### Exercise description
From the line with "shows = rw (missing, replay_call, e)" to the line with "call-Matches unnamed g", retype every line exactly, including those two, and leave out the rest of the data below.

### Data to examine
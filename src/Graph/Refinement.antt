-- ===== src/Graph/Refinement.antt =====
-- Graph (src/include/yloc/graph.h) implements the abstract graph.
use yloc.Prelude.{
  ℕ, suc, ◌<◌, ◌≡◌, refl, ap, ◌∙◌, ◌==◌, if◌then◌else◌, Text, find_key, Option-cases, Bool-cases,
  none, some, inl, inr, List, [], ◌∷◌, ◌++◌, arith,
}
use yloc.GraphElement.{new_element, new_edge}
use yloc.Graph.{
  BoostGraph, Graph, new_graph, num_vertices, edges, vertex_at, add_unnamed_vertex, add_vertex,
  add_vertex_by, subscript_id, subscript_by, set_vertex, set_root_vertex, add_edge,
}
use yloc.Graph.Changes.{link}
use yloc.Graph.Abstract.{
  Call, unnamed, named, subscript, written, rooted, linked, View, empty_view, grow, enter_id,
  replay_call, IsAllowed, replay, AreAllowed, call, run,
}

module _ {Mask : Type 0} {boost : BoostGraph Mask} where
  -- A client sees the abstract graph.
  pub record Shows (g : Graph boost) (s : View Mask) : Type 0 where
    pub same_size : num_vertices g ≡ s.size
    pub same_vertex_of : (id : Text) → find_key id g.m_identifier_map ≡ s.vertex_of id
    pub same_contents : (v : ℕ) → v < s.size → vertex_at g v ≡ s.contents v
    pub same_links : edges g ≡ s.links
    pub same_root : g.m_root_vertex ≡ s.root

  -- The graph with a new vertex.
  abbrev grown : Graph boost → Graph boost
  grown g = record g { repr = (boost.add_vertex new_element g.repr).0 }

  grown-Shows : (g : Graph boost) (s : View Mask) → Shows g s → Shows (grown g) (grow s)
  grown-Shows g s r =
      let n = boost.num-add_vertex new_element g.repr in
      record {
        same_size = n ∙ ap suc r.same_size;
        same_vertex_of = r.same_vertex_of;
        same_contents = λ v l.
            boost.vertex_at-add_vertex new_element g.repr v (omega (arith, l, r.same_size))
            ∙ elim (Bool-cases (v == s.size)) [
              | inl e ↦ rw (r.same_size, e) refl
              | inr e ↦ rw (r.same_size, e) (r.same_contents v (ground arith))
            ];
        same_links = boost.edges-add_vertex new_element g.repr ∙ r.same_links;
        same_root = r.same_root;
      }

  -- An identifier that is entered with its vertex.
  entered-Shows :
      (g : Graph boost) (s : View Mask) (id : Text) (vd : ℕ)
      → Shows g s
      → Shows (record g { m_identifier_map = (id, vd) ∷ g.m_identifier_map }) (enter_id id vd s)
  unfolding find_key
  entered-Shows g s id vd r = record {
    same_size = r.same_size;
    same_vertex_of = λ j. rw (r.same_vertex_of j) refl;
    same_contents = r.same_contents;
    same_links = r.same_links;
    same_root = r.same_root;
  }

  -- What a call leaves and returns is what the abstract graph does.
  record Matches (c : Call Mask) (g : Graph boost) (s : View Mask) : Type 0 where
    same_result : (call c g).1 ≡ (replay_call c s).1
    shows : Shows (call c g).0 (replay_call c s).0

  fresh_vertex :
      (g : Graph boost) (s : View Mask)
      → Shows g s
      → (boost.add_vertex new_element g.repr).1 ≡ s.size
  fresh_vertex g s r = boost.descriptor-add_vertex new_element g.repr ∙ r.same_size

  named-Matches : (g : Graph boost) (s : View Mask) (id : Text) → Shows g s → Matches (named id) g s
  unfolding call replay_call add_vertex add_vertex_by
  named-Matches g s id r = elim (Option-cases (s.vertex_of id)) [
    | inl e ↦
        let missing : find_key id g.m_identifier_map ≡ none = r.same_vertex_of id ∙ e in
        let h = entered-Shows (grown g) (grow s) id s.size (grown-Shows g s r) in
        record {
          same_result = rw (missing, replay_call, e, fresh_vertex g s r) refl;
          shows = rw (missing, replay_call, e, fresh_vertex g s r) h;
        }
    | inr (vd, e) ↦
        let there : find_key id g.m_identifier_map ≡ some vd = r.same_vertex_of id ∙ e in
        record {
          same_result = rw (there, replay_call, e) refl;
          shows = rw (there, replay_call, e) r;
        }
  ]

  subscript-Matches :
      (g : Graph boost) (s : View Mask) (id : Text) → Shows g s → Matches (subscript id) g s
  unfolding call replay_call subscript_id subscript_by
  subscript-Matches g s id r = elim (Option-cases (s.vertex_of id)) [
    | inl e ↦
        let missing : find_key id g.m_identifier_map ≡ none = r.same_vertex_of id ∙ e in
        record {
          same_result = rw (missing, replay_call, e) refl;
          shows = rw (missing, replay_call, e) (entered-Shows g s id 0 r);
        }
    | inr (vd, e) ↦
        let there : find_key id g.m_identifier_map ≡ some vd = r.same_vertex_of id ∙ e in
        record {
          same_result = rw (there, replay_call, e) refl;
          shows = rw (there, replay_call, e) r;
        }
  ]

  call-Matches :
      (c : Call Mask) (g : Graph boost) (s : View Mask) → IsAllowed c s → Shows g s → Matches c g s
  unfolding call replay_call IsAllowed add_unnamed_vertex set_vertex set_root_vertex add_edge
  call-Matches unnamed g s a r = record {
    same_result = ap some (fresh_vertex g s r);
    shows = grown-Shows g s r;
  }
  call-Matches (named id) g s a r = named-Matches g s id r
  call-Matches (subscript id) g s a r = subscript-Matches g s id r
  call-Matches (written u x) g s a r = record {
    same_result = refl;
    shows = record {
      same_size = boost.num-set_vertex g.repr u x ∙ r.same_size;
      same_vertex_of = r.same_vertex_of;
      same_contents = λ v l.
          boost.vertex_at-set_vertex g.repr u v x (omega (arith, a, r.same_size))
            (omega (arith, l, r.same_size))
          ∙ ap (λ y. if u == v then x else y) (r.same_contents v l);
      same_links = boost.edges-set_vertex g.repr u x ∙ r.same_links;
      same_root = r.same_root;
    };
  }
  call-Matches (rooted vd) g s a r = record {
    same_result = refl;
    shows = record {
      same_size = r.same_size;
      same_vertex_of = r.same_vertex_of;
      same_contents = r.same_contents;
      same_links = r.same_links;
      same_root = refl;
    };
  }
  call-Matches (linked u v t) g s (hu, hv) r =
      let lu : u < num_vertices g = omega (arith, hu, r.same_size) in
      let lv : v < num_vertices g = omega (arith, hv, r.same_size) in
      record {
        same_result = refl;
        shows = record {
          same_size = boost.num-add_edge u v (new_edge t) g.repr lu lv ∙ r.same_size;
          same_vertex_of = r.same_vertex_of;
          same_contents =
              λ w l. boost.vertex_at-add_edge u v (new_edge t) g.repr w lu lv ∙ r.same_contents w l;
          same_links =
              boost.edges-add_edge u v (new_edge t) g.repr lu lv
              ∙ ap (λ es. es ++ link u v t ∷ []) r.same_links;
          same_root = r.same_root;
        };
      }

  run-Shows :
      (cs : List (Call Mask)) (g : Graph boost) (s : View Mask)
      → AreAllowed cs s
      → Shows g s
      → ((run cs g).1 ≡ (replay cs s).1) × Shows (run cs g).0 (replay cs s).0
  unfolding run replay AreAllowed
  run-Shows [] g s a r = (refl, r)
  run-Shows (c ∷ cs) g s (a, b) r =
      let m = call-Matches c g s a r in
      let (same, shows) = run-Shows cs (call c g).0 (replay_call c s).0 b m.shows in
      (rw (m.same_result, same) refl, shows)

  new_graph-Shows : Shows (new_graph boost) (empty_view {Mask = Mask})
  unfolding find_key
  new_graph-Shows = record {
    same_size = boost.num-empty;
    same_vertex_of = λ id. refl;
    same_contents = λ v l. absurd (omega (arith, l));
    same_links = boost.edges-empty;
    same_root = refl;
  }

-- Any calls on a new graph, with vertices of the graph where boost asks for them, return what they return
-- on the abstract graph, whose identifiers are a function and whose vertices are numbered in the order in
-- which they are added, and leave a graph that shows what the abstract graph holds: the number of
-- vertices, the vertex of each identifier, the contents of each vertex, the edges and the root.
pub run_refines :
    {Mask : Type 0} (boost : BoostGraph Mask) (cs : List (Call Mask))
    → AreAllowed cs empty_view
    → ((run cs (new_graph boost)).1 ≡ (replay cs empty_view).1)
      × Shows (run cs (new_graph boost)).0 (replay cs empty_view).0
run_refines boost cs a = run-Shows cs (new_graph boost) empty_view a new_graph-Shows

### Final answer
          shows = rw (missing, replay_call, e) (entered-Shows g s id 0 r);
        }
    | inr (vd, e) ↦
        let there : find_key id g.m_identifier_map ≡ some vd = r.same_vertex_of id ∙ e in
        record {
          same_result = rw (there, replay_call, e) refl;
          shows = rw (there, replay_call, e) r;
        }
  ]

  call-Matches :
      (c : Call Mask) (g : Graph boost) (s : View Mask) → IsAllowed c s → Shows g s → Matches c g s
  unfolding call replay_call IsAllowed add_unnamed_vertex set_vertex set_root_vertex add_edge
  call-Matches unnamed g s a r = record {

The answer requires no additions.